● **Work task**: Only the lines below, from the one with "pub record Waiting" through the one with "(s.posted ≡ call ∷ [])", are to be written out, exactly.

[Start of Attachment]

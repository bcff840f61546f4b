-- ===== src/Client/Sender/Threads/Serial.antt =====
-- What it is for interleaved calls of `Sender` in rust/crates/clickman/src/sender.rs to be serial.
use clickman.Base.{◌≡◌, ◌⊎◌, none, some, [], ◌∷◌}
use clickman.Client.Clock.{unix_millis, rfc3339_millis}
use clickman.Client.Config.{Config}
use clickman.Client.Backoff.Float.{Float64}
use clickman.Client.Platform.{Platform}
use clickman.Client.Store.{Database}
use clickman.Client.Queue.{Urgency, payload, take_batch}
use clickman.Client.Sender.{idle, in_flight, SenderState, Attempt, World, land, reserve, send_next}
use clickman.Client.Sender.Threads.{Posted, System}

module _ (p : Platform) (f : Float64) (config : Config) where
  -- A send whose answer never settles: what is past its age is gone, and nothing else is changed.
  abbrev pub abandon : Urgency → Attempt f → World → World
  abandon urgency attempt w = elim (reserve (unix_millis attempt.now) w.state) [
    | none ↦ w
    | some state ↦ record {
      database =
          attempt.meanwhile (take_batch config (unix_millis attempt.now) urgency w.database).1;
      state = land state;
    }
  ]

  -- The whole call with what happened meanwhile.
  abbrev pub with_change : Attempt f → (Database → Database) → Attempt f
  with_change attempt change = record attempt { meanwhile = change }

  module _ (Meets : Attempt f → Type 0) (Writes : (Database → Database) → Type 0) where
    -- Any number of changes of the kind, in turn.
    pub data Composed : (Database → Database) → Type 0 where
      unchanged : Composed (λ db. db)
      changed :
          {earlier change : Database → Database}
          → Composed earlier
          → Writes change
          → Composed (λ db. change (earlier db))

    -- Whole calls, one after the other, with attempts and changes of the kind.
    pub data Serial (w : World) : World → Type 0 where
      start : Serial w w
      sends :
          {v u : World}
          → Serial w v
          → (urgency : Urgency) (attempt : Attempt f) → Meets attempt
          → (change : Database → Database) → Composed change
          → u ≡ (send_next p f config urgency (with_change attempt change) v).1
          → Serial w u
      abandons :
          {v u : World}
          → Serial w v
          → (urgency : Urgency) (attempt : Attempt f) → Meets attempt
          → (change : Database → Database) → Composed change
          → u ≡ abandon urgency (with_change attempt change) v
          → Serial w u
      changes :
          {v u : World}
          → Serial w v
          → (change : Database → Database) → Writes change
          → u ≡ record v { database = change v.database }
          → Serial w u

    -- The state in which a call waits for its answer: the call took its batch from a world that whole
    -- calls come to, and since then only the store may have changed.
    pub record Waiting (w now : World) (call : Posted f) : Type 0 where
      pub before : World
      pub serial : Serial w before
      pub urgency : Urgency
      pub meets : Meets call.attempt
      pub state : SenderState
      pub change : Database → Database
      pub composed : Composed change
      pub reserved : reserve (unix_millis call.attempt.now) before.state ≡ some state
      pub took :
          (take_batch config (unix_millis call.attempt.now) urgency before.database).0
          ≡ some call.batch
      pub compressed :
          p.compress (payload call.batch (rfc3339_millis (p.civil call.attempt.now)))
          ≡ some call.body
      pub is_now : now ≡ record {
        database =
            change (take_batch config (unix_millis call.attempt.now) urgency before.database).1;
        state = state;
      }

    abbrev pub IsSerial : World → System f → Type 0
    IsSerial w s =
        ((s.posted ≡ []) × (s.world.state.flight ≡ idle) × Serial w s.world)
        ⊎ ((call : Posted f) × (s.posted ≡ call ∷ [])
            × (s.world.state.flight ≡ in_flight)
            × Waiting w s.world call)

[End of Attachment]

● **Result of the exercise**:
    pub record Waiting (w now : World) (call : Posted f) : Type 0 where
      pub before : World
      pub serial : Serial w before
      pub urgency : Urgency
      pub meets : Meets call.attempt
      pub state : SenderState
      pub change : Database → Database
      pub composed : Composed change
      pub reserved : reserve (unix_millis call.attempt.now) before.state ≡ some state
      pub took :
          (take_batch config (unix_millis call.attempt.now) urgency before.database).0
          ≡ some call.batch
      pub compressed :
          p.compress (payload call.batch (rfc3339_millis (p.civil call.attempt.now)))
          ≡ some call.body
      pub is_now : now ≡ record {
        database =
            change (take_batch config (unix_millis call.attempt.now) urgency before.database).1;
        state = state;
      }

    abbrev pub IsSerial : World → System f → Type 0
    IsSerial w s =
        ((s.posted ≡ []) × (s.world.state.flight ≡ idle) × Serial w s.world)
        ⊎ ((call : Posted f) × (s.posted ≡ call ∷ [])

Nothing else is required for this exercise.